Please note that the following document, although correct at the time of issue, may not represent the current position of the Canada Revenue Agency. / Veuillez prendre note que ce document, bien qu'exact au moment émis, peut ne pas représenter la position actuelle de l'Agence du revenu du Canada.
[Addressee]
March 24, 2014
Dear [Client]:
Subject: GST/HST INTERPRETATION
Request for ministerial exception
Thank you for your letter of [mm/dd/yyyy], where you seek an exemption under subsection 273.2(5) of the Excise Tax Act (the ETA) from the requirement to report certain amounts on Form GST111, Financial Institution GST/HST Annual Information Return (the Annual Information Return). We apologize for the delay in responding to your enquiry.
A review of your request indicates the following:
1. […]
2. Most of the property and casualty insurers that are registered for GST/HST purposes are selected listed financial institutions (SLFIs) as described in subsection 225.2(1) of the ETA.
3. For purposes of the special attribution method (SAM) in subsection 225.2(2) of the ETA, the following are prescribed amounts of tax for the purposes of paragraph (a) of Element A and F:
“any amount of tax that became payable by an insurer, or that was paid by the insurer without having become payable, in respect of property or services acquired, imported or brought into a participating province exclusively and directly for consumption, use or supply in the course of investigating, settling or defending a claim arising under an insurance policy that is not in the nature of accident and sickness insurance or life insurance”
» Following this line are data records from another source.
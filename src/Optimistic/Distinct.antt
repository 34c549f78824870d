-- ===== src/Optimistic/Distinct.antt =====
-- Loaded ids stay unique in each family of client/optimistic.ts.
pub mod Loads
use sync_resource.Shared.{
  ℕ, ◌+◌, ◌≤◌, String, ◌≡◌, refl, ap, Bool, true, false, not, ◌&&◌, ◌||◌, Option, none, some, List,
  [], ◌∷◌, arith, eq_iff, eq_refl, inl, inr, length, leb, ltb, get_elem?, get_last?, drop_last,
  insert_at, remove_at, is_some, Bool-cases, Option-cases, if◌then◌else◌, ◌==◌,
}
use sync_resource.Shared.JsMap.{JsMap}
use sync_resource.Js.{Value}
use sync_resource.Optimistic.Types.{PageMeta, Family, Tables, State, Host, Reconcile}
use sync_resource.Optimistic.Every.Maps.{Every, Keeps}
use sync_resource.Optimistic.Order.{find_insert_index}
use sync_resource.Optimistic.Window.{index_of, set_realtime_pages, set_loaded_item}
use sync_resource.Optimistic.Refs.{for_families}
use sync_resource.Optimistic.Changes.{
  matches, last_complete, add_to_empty, insert_sorted, add_to_window, add_matching, no_pages,
  add_with_family, append_to_page, add_item, update_item, drop_item, remove_entry,
}
use sync_resource.Optimistic.Occurs.{
  hit, occurs, occurs-insert_at, occurs-drop_last, occurs-remove_at, get_elem?-index_of,
}
use sync_resource.Optimistic.Counts.Steps.{occurs-update_at}

insert_sorted-grows :
    (reconcile : Reconcile) (f : Family) (complete : Bool) (index : ℕ) (id : String) (item : Value)
    (t : Tables) (j : String)
    → occurs j (insert_sorted reconcile f complete index id item t).0.ids
      ≤ hit id j + occurs j f.ids
unfolding insert_sorted set_realtime_pages
insert_sorted-grows reconcile f complete index id item t j =
    ground (arith, occurs-insert_at j id index f.ids, occurs-drop_last j (insert_at index id f.ids))

add_to_empty-grows :
    (f : Family) (pages : List PageMeta) (id : String) (item : Value) (t : Tables) (j : String)
    → f.ids ≡ []
    → occurs j (add_to_empty f pages id item t).0.ids ≤ hit id j + occurs j f.ids
unfolding add_to_empty occurs
add_to_empty-grows f [] id item t j e = omega arith
add_to_empty-grows f (p ∷ q ∷ ps) id item t j e = omega arith
add_to_empty-grows f (p ∷ []) id item t j e = ground arith

add_matching-grows :
    (host : Host) (reconcile : Reconcile) (f : Family) (ids : List String) (id : String)
    (item : Value) (t : Tables) (j : String)
    → f.ids ≡ ids
    → occurs j (add_matching host reconcile f ids id item t).0.ids ≤ hit id j + occurs j f.ids
unfolding add_matching add_to_window
add_matching-grows host reconcile f [] id item t j e = add_to_empty-grows f f.pages id item t j e
add_matching-grows host reconcile f (_ ∷ _) id item t j e = ground (
  arith,
  insert_sorted-grows reconcile f (last_complete f.pages)
      (find_insert_index host reconcile.compare f.ids f.items item id) id item t j,
)

append_to_page-grows :
    (active : Option String) (f : Family) (pages : List PageMeta) (id : String) (item : Value)
    (t : Tables) (j : String)
    → occurs j (append_to_page active f pages id item t).0.ids ≤ hit id j + occurs j f.ids
unfolding append_to_page
append_to_page-grows active f [] id item t j = omega arith
append_to_page-grows none f (first ∷ rest) id item t j = omega arith
append_to_page-grows (some key) f (first ∷ rest) id item t j =
    ground (arith, occurs-insert_at j id first.count f.ids)

add_with_family-grows :
    (host : Host) (reconcile : Reconcile) (f : Family) (id : String) (item : Value) (t : Tables)
    (j : String)
    → occurs j (add_with_family host reconcile f id item t).0.ids ≤ hit id j + occurs j f.ids
unfolding add_with_family
add_with_family-grows host reconcile f id item t j =
    ground (arith, add_matching-grows host reconcile f f.ids id item t j refl)

occurs_of_index_none :
    (id : String) (ids : List String) → index_of id ids ≡ none → occurs id ids ≡ 0
unfolding index_of occurs
occurs_of_index_none id [] e = refl
occurs_of_index_none id (j ∷ ids) e = ground (arith, occurs_of_index_none id ids)

abbrev pub Once : String → Family → Type 0
Once j f = occurs j f.ids ≤ 1

-- No family holds the id twice.
abbrev pub AllOnce : String → JsMap Family → Type 0
AllOnce j = Every (Once j)

-- A body keeps each id at most once in its family.
abbrev pub KeepsOnce : String → (Family → Tables → Family × Tables) → Type 0
KeepsOnce j = Keeps (Once j)

added_once :
    (id j : String) (ids : List String)
    → index_of id ids ≡ none
    → occurs j ids ≤ 1
    → hit id j + occurs j ids ≤ 1
added_once id j ids e h = elim (Bool-cases (id == j)) [
  | inl same ↦
      let none_there : occurs j ids ≡ 0 =
        rw ((eq_iff id j).0 same) at (occurs_of_index_none id ids e) in
      rw same (omega arith)
  | inr other ↦ rw other (omega arith)
]

module _ (host : Host) (reconcile : Reconcile) where
  pub add_item-KeepsOnce :
      (j id : String) (active : Option String) (append : Bool) (item : Value)
      → KeepsOnce j (add_item host reconcile active append id item)
  unfolding add_item set_loaded_item
  add_item-KeepsOnce j id active append item f t h = elim (Option-cases (index_of id f.ids)) [
    | inr (index, e) ↦ rw (e, add_item) h
    | inl e ↦
        rw (e, add_item)
          (ground (
            arith,
            added_once id j f.ids e h,
            append_to_page-grows active f f.pages id item t j,
            add_with_family-grows host reconcile f id item t j,
          ))
  ]

  pub update_item-KeepsOnce :
      (j id : String) (item : Value) → KeepsOnce j (update_item host reconcile id item)
  unfolding update_item remove_entry
  update_item-KeepsOnce j id item f t h = elim (Option-cases (index_of id f.ids)) [
    | inl e ↦
        rw (e, update_item)
          (ground
            (arith, added_once id j f.ids e h, add_with_family-grows host reconcile f id item t j))
    | inr (index, e) ↦
        rw (e, update_item)
          (ground (
            arith,
            occurs-update_at host reconcile f index item id j (get_elem?-index_of id f.ids index e),
            occurs-remove_at j index f.ids,
          ))
  ]

pub drop_item-KeepsOnce : (j id : String) → KeepsOnce j (drop_item id)
unfolding drop_item remove_entry
drop_item-KeepsOnce j id f t h = elim (Option-cases (index_of id f.ids)) [
  | inl e ↦ rw (e, drop_item) h
  | inr (index, e) ↦ rw (e, drop_item) (omega (arith, occurs-remove_at j index f.ids))
]

-- After `removeAt` at its index the id is gone from a family that held it once.
pub drop_item_gone :
    (id : String) (f : Family) (t : Tables)
    → occurs id f.ids ≤ 1
    → occurs id (drop_item id f t).0.ids ≡ 0
unfolding drop_item remove_entry
drop_item_gone id f t h = elim (Option-cases (index_of id f.ids)) [
  | inl e ↦ rw (e, drop_item) (occurs_of_index_none id f.ids e)
  | inr (index, e) ↦
      rw (e, drop_item)
        (ground
          (arith, occurs-remove_at id index f.ids, get_elem?-index_of id f.ids index e, eq_refl id))
]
4. Other than what is now a requirement under section 273.2 of the ETA in complying with the filing of the Annual Information Return, these prescribed amounts of tax are generally not required to be tracked or reported separately for any other reason to be compliant for GST/HST purposes.
5. Since the inception of the GST in 1991, property and casualty insurers have not tracked the GST/HST paid on claims costs that are prescribed amounts of tax. The reason for this is that, as a GST/HST exempt-industry, there is little incentive for property and casualty insurers to incur the considerable cost of tracking these amounts, nor are members required to track these amounts for any business or regulatory requirement purposes. Consequently, they do not currently have processes or systems solutions to do such tracking.
6. […].
7. Pursuant to section 273.2 of the ETA, GST/HST registered property and casualty insurers are now required to report the actual or estimated amounts of prescribed amounts of tax. Property and casualty insurers are finding this requirement to be quite onerous as it would be very costly from both time and money perspectives to establish and maintain processes and/or systems solutions to track the actual amount of the prescribed amounts of tax; and because of the way claims costs are accounted for and tracked by property and casualty companies, approaches to determining reasonable estimates of the prescribed amounts of tax are all extremely labour intensive and still may not lead to reliable estimates.
8. […][XYZ] is requesting that the Minister exercise her power under subsection 273.2(5) of the ETA and exempt […][ABC] from the requirement under subsection 273.2(3) of the ETA to provide the prescribed amounts of tax for purpose of paragraph (a) of Element A and F in subsection 225.2(2) of the ETA and as described in paragraph 40(a) of the Selected Listed Financial Institutions Attribution Method (GST/HST) Regulations on the Annual Information Return.
Having considered the information above and consulted with interested parties such as Finance Canada that use the information collected, it has been determined that the Minister will not exempt […] [ABC] from the requirement under subsection 273.2(3) of the ETA to provide information related to the prescribed amounts of tax for the purpose of paragraph (a) of Element A and F in subsection 225.2(2) of the ETA and as described in paragraph 40(a) of the Selected Listed Financial Institutions Attribution Method (GST/HST) Regulations on the Annual Information Return.
As you are aware, under subsection 273.2(5) of the ETA, the Minister of National Revenue may exempt any reporting institution or class of reporting institutions from the requirement to provide any prescribed information or may allow any reporting institution or class of reporting institutions to provide a reasonable estimate of any actual amount that is required to be reported in the Annual Information Return. An exemption under subsection 273.2(5) of the ETA would generally be provided only in exceptional circumstances; one example is where a financial institution does not have all or some of the information required, because of a disaster such as a flood or fire at the financial institution’s premises.
It is important to note that Annual Information Return was introduced because there was a need for supplementary data from the financial services sector given the complexities in the sector and the specific GST/HST rules that apply to financial institutions. This additional data from financial institutions helps to improve compliance, maintain an efficient and effective tax administration system, and assess policy and legislative changes in a timely manner. It also assists the Government in meeting its commitments (under the Comprehensive Integrated Tax Coordination Agreement) to the provinces under the harmonized sales tax.
Should you require additional information, please do not hesitate to contact […], Excise and GST/HST Rulings Directorate at […].